Lead researcher Dr Megan Ruiter, from the University of Alabama, said: "In employed middle-aged to older adults, relatively free of major risk factors for stroke such as obesity and sleep-disordered breathing, short sleep duration may exact its own negative influence on stroke development.

"We speculate that short sleep duration is a precursor to other traditional stroke risk factors, and once these traditional stroke risk factors are present, then perhaps they become stronger risk factors than sleep duration alone."

She presented the findings at the Sleep 2012 meeting currently taking place in Boston.

Further research supporting the results would suggest a need for more awareness of poor sleep as a stroke risk factor, said Dr Ruiter.

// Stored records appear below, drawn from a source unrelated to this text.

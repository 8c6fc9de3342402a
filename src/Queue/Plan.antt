-- ===== src/Queue/Plan.antt =====
-- `Piece`, `_payload` and `_batches` of integration/queued_batches.py: the batches that a list of
-- item sizes is put into.
use lean_s.Prelude.{
  ℕ, zero, suc, ◌+◌, ◌-◌, ◌*◌, ◌%◌, Bool, ◌&&◌, ◌||◌, List, [], ◌∷◌, ◌++◌, map, ltb, leb, ◌==◌,
  if◌then◌else◌, length,
}
use lean_s.Error.{Result, ok, err, value_error, ◌>>=◌}
use lean_s.Bytes.{Bytes}

pub record Piece : Type 0 where
  pub item : ℕ
  pub start : ℕ
  pub offset : ℕ
  pub size : ℕ

-- The test octets of an item, a number of them from an offset on.
unfoldable pub octets : ℕ → ℕ → ℕ → Bytes
octets item offset zero = []
octets item offset (suc n) = (item * 29 + offset * 37 + 11) % 256 ∷ octets item (suc offset) n

unfoldable pub payload : Piece → Bytes
payload piece = octets piece.item piece.offset piece.size

-- what an item takes of the longer of its two PDUs
unfoldable pub contribution : ℕ → ℕ
contribution size = 4 + size + size % 2

-- what an item adds to a request, besides the 12 octets of its address
unfoldable pub asked : Bool → ℕ → ℕ
asked write size = if write then contribution size else 0

-- what an item adds to a response
unfoldable pub answered : Bool → ℕ → ℕ
answered write size = if write then 1 else contribution size

unfoldable pub alone_fits : ℕ → Bool → ℕ → Bool
alone_fits pdu write size =
    leb (12 + 12 + asked write size) pdu && leb (14 + answered write size) pdu

-- The variables of the loop over the items.
pub record Planned : Type 0 where
  pub batches : List (List Piece)
  pub selected : List Piece
  pub request : ℕ
  pub response : ℕ

-- `batches`, with the selected pieces behind them where there are any
unfoldable pub settle : List (List Piece) → List Piece → List (List Piece)
settle batches [] = batches
settle batches (piece ∷ selected) = batches ++ ((piece ∷ selected) ∷ [])

-- The pieces of an oversized item from an offset on. As many steps as the item has octets are
-- enough.
unfoldable pub pieces : ℕ → ℕ → ℕ → ℕ → ℕ → ℕ → List Piece
pieces zero maximum item start size offset = []
pieces (suc fuel) maximum item start size offset =
    let rest = pieces fuel maximum item start size (offset + maximum) in
    let limited = if ltb maximum (size - offset) then maximum else size - offset in
    if ltb offset size
    then (record { item = item; start = start + offset; offset = offset; size = limited }) ∷ rest
    else []

unfoldable pub reserve : Bool → ℕ
reserve write = if write then 28 else 18

-- The loop over `range(0, size, maximum)`: a step of 0 is a ValueError, and a negative one passes
-- over nothing.
unfoldable pub divided : ℕ → Bool → ℕ → ℕ → ℕ → Result (List Piece)
divided pdu write item start size =
    if pdu == reserve write
    then err value_error
    else ok (
        if ltb pdu (reserve write) then [] else pieces size (pdu - reserve write) item start size 0)

unfoldable pub singleton : Piece → List Piece
singleton piece = piece ∷ []

-- an item that no PDU holds alone
unfoldable pub divide : ℕ → Bool → ℕ → ℕ → ℕ → Planned → Result Planned
divide pdu write item start size s = do
  singles ← divided pdu write item start size
  ok (record {
    batches = settle s.batches s.selected ++ map singleton singles;
    selected = [];
    request = 12;
    response = 14;
  })

unfoldable pub flush : Planned → Planned
flush s = record {
  batches = s.batches ++ (s.selected ∷ []);
  selected = [];
  request = 12;
  response = 14;
}

unfoldable pub select : Bool → Piece → Planned → Planned
select write piece s = record s {
  selected = s.selected ++ (piece ∷ []);
  request = s.request + (12 + asked write piece.size);
  response = s.response + answered write piece.size;
}

-- an item that one PDU holds
unfoldable pub join : ℕ → Bool → Piece → Planned → Planned
join pdu write piece s =
    let next_request = s.request + 12 + asked write piece.size in
    let next_response = s.response + answered write piece.size in
    let full = length s.selected == 20 || ltb pdu next_request || ltb pdu next_response in
    select write piece (if full then flush s else s)

unfoldable pub place : ℕ → Bool → ℕ → ℕ → ℕ → Planned → Result Planned
place pdu write item start size s =
    if alone_fits pdu write size
    then ok (join pdu write (record { item = item; start = start; offset = 0; size = size }) s)
    else divide pdu write item start size s

-- The address of an item, given the sizes behind it: the last item starts at 0.
unfoldable pub start_of : ℕ → List ℕ → ℕ
start_of item [] = 0
start_of item (next ∷ sizes) = item * 2048

-- the loop over the items, from an index on
unfoldable pub place_each : ℕ → Bool → ℕ → List ℕ → Planned → Result Planned
place_each pdu write item [] s = ok s
place_each pdu write item (size ∷ sizes) s = do
  t ← place pdu write item (start_of item sizes) size s
  place_each pdu write (item + 1) sizes t

unfoldable pub batches : List ℕ → ℕ → Bool → Result (List (List Piece))
batches sizes pdu write = do
  s ←
      place_each pdu write 0 sizes
        (record { batches = []; selected = []; request = 12; response = 14 })
  ok (settle s.batches s.selected)
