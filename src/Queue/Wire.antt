-- ===== src/Queue/Wire.antt =====
-- `_wire`, `_check` and `_reply` of integration/queued_batches.py, with `_ack` of
-- integration/multi_batching.py: the PDUs that the peer expects and sends for one batch.
use lean_s.Prelude.{
  ℕ, ◌*◌, ◌%◌, Bool, true, false, not, ◌||◌, List, [], ◌∷◌, ◌++◌, ltb, ◌==◌, if◌then◌else◌, length,
  take, slice, drop,
}
use lean_s.Error.{Result, ok, value_error, runtime_error, ◌>>=◌, ◌>>◌, raise_if}
use lean_s.Bytes.{Bytes, equal, pack_word, to_bytes_3, from_bytes}
use lean_s.Queue.Plan.{Piece, payload}

-- bytes((5 if write else 4, len(batch)))
unfoldable pub opening : Bool → List Piece → Result Bytes
opening write batch = do
  raise_if (ltb 255 (length batch)) value_error
  ok ((if write then 5 else 4) ∷ length batch ∷ [])

unfoldable pub piece_address : Piece → Result Bytes
piece_address piece = do
  size ← pack_word piece.size
  bits ← to_bytes_3 (piece.start * 8)
  ok (0x12 ∷ 0x0a ∷ 0x10 ∷ 0x02 ∷ (size ++ (0 ∷ 1 ∷ 0x84 ∷ bits)))

-- the octet behind an odd item that another follows
unfoldable pub padding : Piece → List Piece → Bytes
padding piece [] = []
padding piece (next ∷ rest) = if piece.size % 2 == 1 then 0 ∷ [] else []

unfoldable pub item_data : ℕ → Piece → List Piece → Result Bytes
item_data code piece rest = do
  bits ← pack_word (piece.size * 8)
  ok (code ∷ 4 ∷ (bits ++ (payload piece ++ padding piece rest)))

-- The loop over the batch: the addresses, and the data of a write.
unfoldable pub wire_items : Bool → List Piece → Result (Bytes × Bytes)
wire_items write [] = ok ([], [])
wire_items write (piece ∷ rest) = do
  address ← piece_address piece
  content ← if write then item_data 0 piece rest else ok []
  behind ← wire_items write rest
  ok (address ++ behind.0, content ++ behind.1)

unfoldable pub wire : List Piece → Bool → Result Bytes
wire batch write = do
  start ← opening write batch
  items ← wire_items write batch
  let parameters = start ++ items.0
  parameter_size ← pack_word (length parameters)
  data_size ← pack_word (length items.1)
  ok (0x32 ∷ 1 ∷ 0 ∷ 0 ∷ 0 ∷ 0 ∷ (parameter_size ++ (data_size ++ (parameters ++ items.1))))

-- The reference of a request that is the expected one in everything else.
unfoldable pub check : Bytes → List Piece → ℕ → Bool → Result ℕ
check request batch pdu write = do
  expected ← wire batch write
  raise_if
      (ltb pdu (length request)
        || not (equal (take 4 request) (take 4 expected))
        || not (equal (drop 6 request) (drop 6 expected)))
      runtime_error
  ok (from_bytes (slice 4 6 request))

unfoldable pub ack : ℕ → Bytes → Bytes → Result Bytes
ack reference parameters content = do
  reference_word ← pack_word reference
  parameter_size ← pack_word (length parameters)
  data_size ← pack_word (length content)
  ok (
      0x32
      ∷ 3
      ∷ 0
      ∷ 0
      ∷ (reference_word ++ (parameter_size ++ (data_size ++ (0 ∷ 0 ∷ (parameters ++ content))))))

-- what one piece is answered with; the item 2 is always rejected
unfoldable pub reply_item : Bool → Piece → List Piece → Result Bytes
reply_item true piece rest = ok ((if piece.item == 2 then 5 else 0xff) ∷ [])
reply_item false piece rest =
    if piece.item == 2 then ok (5 ∷ 0 ∷ 0 ∷ 0 ∷ []) else item_data 0xff piece rest

unfoldable pub reply_items : Bool → List Piece → Result Bytes
reply_items write [] = ok []
reply_items write (piece ∷ rest) = do
  content ← reply_item write piece rest
  behind ← reply_items write rest
  ok (content ++ behind)

unfoldable pub reply : ℕ → List Piece → Bool → Result Bytes
reply reference batch write = do
  content ← reply_items write batch
  start ← opening write batch
  ack reference start content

"Sleep and sleep-related behaviours are highly modifiable with cognitive behavioural therapy approaches and/or pharmaceutical interventions," she added. "These results may serve as a preliminary basis for using sleep treatments to prevent the development of stroke."

Another small study presented at the same meeting indicated that fear of the dark may contribute to insomnia.

Nearly half of a group of students who complained of lack of sleep also admitted to being afraid of the dark.

In tests, researchers found they produced jumpier responses to sudden noise bursts in dark surroundings.

"The poor sleepers were more easily startled in the dark compared with good sleepers," said study leader Taryn Moss, from Ryerson University in Toronto, Canada.